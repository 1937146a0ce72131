-- ===== src/Ledger/Posting.antt =====
-- What one call of `post` returns and writes.
use make_we_bet.Prelude.{
  ℕ, ◌+◌, ◌≤◌, ◌≡◌, refl, sym, ap, ◌⊎◌, inl, inr, true, false, none, some, List, ◌∷◌, arith,
  Option-cases, length, any, pos, eqb_ℤ→eq,
}
use make_we_bet.Errors.{Result, ok, err, >>=-eq-ok}
use make_we_bet.Ledger.{
  Key, key_eq, JournalLine, JournalEntry, PostJournalInput, Ledger, is_zero_line, sum_amounts,
  validate_lines, apply_lines, find_entry, new_entry, post_new, run, post, deposit_key, entry_key,
  refund_key, settlement_key, hold_key, settle_key, reverse_key,
}

-- What the lines of an entry must be: two at least, none of amount zero, and zero in sum.
pub record IsBalanced (ls : List JournalLine) : Type 0 where
  pub enough : 2 ≤ length ls
  pub no_zero : any is_zero_line ls ≡ false
  pub zero_sum : sum_amounts ls ≡ pos 0

-- `validateLines` returns exactly on balanced lines.
pub validate_lines-IsBalanced :
    (ls : List JournalLine) {u : Unit {0}} → validate_lines ls ≡ ok u → IsBalanced ls
unfolding validate_lines
validate_lines-IsBalanced ls h = record {
  enough = ground arith;
  no_zero = ground arith;
  zero_sum = eqb_ℤ→eq _ _ (ground arith);
}

pub IsBalanced-validate_lines : (ls : List JournalLine) → IsBalanced ls → validate_lines ls ≡ ok tt
unfolding validate_lines
IsBalanced-validate_lines ls b = rw (b.no_zero, b.zero_sum) (ground (arith, b.enough))

pub key_eq_refl : (k : Key) → key_eq k k ≡ true
key_eq_refl (deposit_key a) = ground arith
key_eq_refl (entry_key a) = ground arith
key_eq_refl (refund_key a) = ground arith
key_eq_refl (settlement_key a) = ground arith
key_eq_refl (hold_key a) = ground arith
key_eq_refl (settle_key a) = ground arith
key_eq_refl (reverse_key a) = ground arith

-- A new entry: the key was free, the lines are balanced and were applied, and the journal grew
-- by this entry alone.
pub record Posted (input : PostJournalInput) (l : Ledger) (id : ℕ) (l' : Ledger) : Type 0 where
  pub unused : find_entry input.idempotency_key l.journal ≡ none
  pub lines_balanced : IsBalanced input.lines
  pub applied : apply_lines input.lines l.accounts ≡ ok l'.accounts
  pub recorded : l'.journal ≡ new_entry input l.next_entry ∷ l.journal
  pub named : id ≡ l.next_entry

-- A replay: the key was used, and nothing was written.
pub record Replayed (input : PostJournalInput) (l : Ledger) (id : ℕ) (l' : Ledger) : Type 0 where
  pub entry : JournalEntry
  pub used : find_entry input.idempotency_key l.journal ≡ some entry
  pub same : l' ≡ l
  pub named : id ≡ entry.id

abbrev ledger_or : Ledger → Result (ℕ × Ledger) → Ledger
ledger_or l (ok r) = r.1
ledger_or l (err e) = l

abbrev id_or : ℕ → Result (ℕ × Ledger) → ℕ
id_or i (ok r) = r.0
id_or i (err e) = i

pub run-cases :
    (input : PostJournalInput) (l : Ledger) {id : ℕ} {l' : Ledger}
    → IsBalanced input.lines
    → run input l ≡ ok (id, l')
    → Posted input l id l' ⊎ Replayed input l id l'
unfolding run post_new
run-cases input l {id} {l'} b h = elim (Option-cases (find_entry input.idempotency_key l.journal)) [
  | inl unused ↦
      let h₀ : post_new input l ≡ ok (id, l') = rw (unused, run) at h in
      let (t, applied, rest) = >>=-eq-ok (apply_lines input.lines l.accounts) _ h₀ in
      let e : l' ≡ record {
        accounts = t;
        journal = new_entry input l.next_entry ∷ l.journal;
        next_entry = l.next_entry + 1;
      } =
        sym (ap (ledger_or l) rest) in
      inl (record {
        unused = unused;
        lines_balanced = b;
        applied = rw e applied;
        recorded = rw e refl;
        named = sym (ap (id_or id) rest);
      })
  | inr (e, used) ↦
      let h₀ : ok (e.id, l) ≡ ok (id, l') = rw (used, run) at h in
      inr (record {
        entry = e;
        used = used;
        same = sym (ap (ledger_or l) h₀);
        named = sym (ap (id_or id) h₀);
      })
]

-- A call that returned posted a new entry or replayed an old one.
pub post-cases :
    (input : PostJournalInput) (l : Ledger) {id : ℕ} {l' : Ledger}
    → post input l ≡ ok (id, l')
    → Posted input l id l' ⊎ Replayed input l id l'
unfolding post
post-cases input l h =
    let (_, valid, rest) = >>=-eq-ok (validate_lines input.lines) _ h in
    run-cases input l (validate_lines-IsBalanced input.lines valid) rest

-- A call with a used key returns the id of the entry that has it, writes nothing, and asks for no
-- funds, whatever its lines are so long as they are balanced.
post_replay :
    (input : PostJournalInput) (l : Ledger) (e : JournalEntry)
    → IsBalanced input.lines
    → find_entry input.idempotency_key l.journal ≡ some e
    → post input l ≡ ok (e.id, l)
unfolding post run
post_replay input l e b used = rw (IsBalanced-validate_lines input.lines b, used, run)

-- With an unused key a call on balanced lines writes.
pub post_fresh :
    (input : PostJournalInput) (l : Ledger)
    → IsBalanced input.lines
    → find_entry input.idempotency_key l.journal ≡ none
    → post input l ≡ post_new input l
unfolding post run
post_fresh input l b unused = rw (IsBalanced-validate_lines input.lines b, unused, run)

-- Posting twice with one key: the second call, with any balanced lines, returns the first id and
-- leaves the tables as the first call left them.
pub post-post :
    (input again : PostJournalInput) (l : Ledger) {id : ℕ} {l' : Ledger}
    → post input l ≡ ok (id, l')
    → again.idempotency_key ≡ input.idempotency_key
    → IsBalanced again.lines
    → post again l' ≡ ok (id, l')
post-post input again l {id} {l'} h same b = elim (post-cases input l h) [
  | inl p ↦ rw p.named (
      post_replay again l' (new_entry input l.next_entry) b
        (rw (p.recorded, same, key_eq_refl input.idempotency_key)))
  | inr r ↦ rw (r.named, r.same) (post_replay again l r.entry b (rw same r.used))
]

====

EXERCISE: Return all lines of the material above in which "writes" occurs.

OUTPUT OF THE TASK:
-- What one call of `post` returns and writes.
-- A call with a used key returns the id of the entry that has it, writes nothing, and asks for no
-- With an unused key a call on balanced lines writes.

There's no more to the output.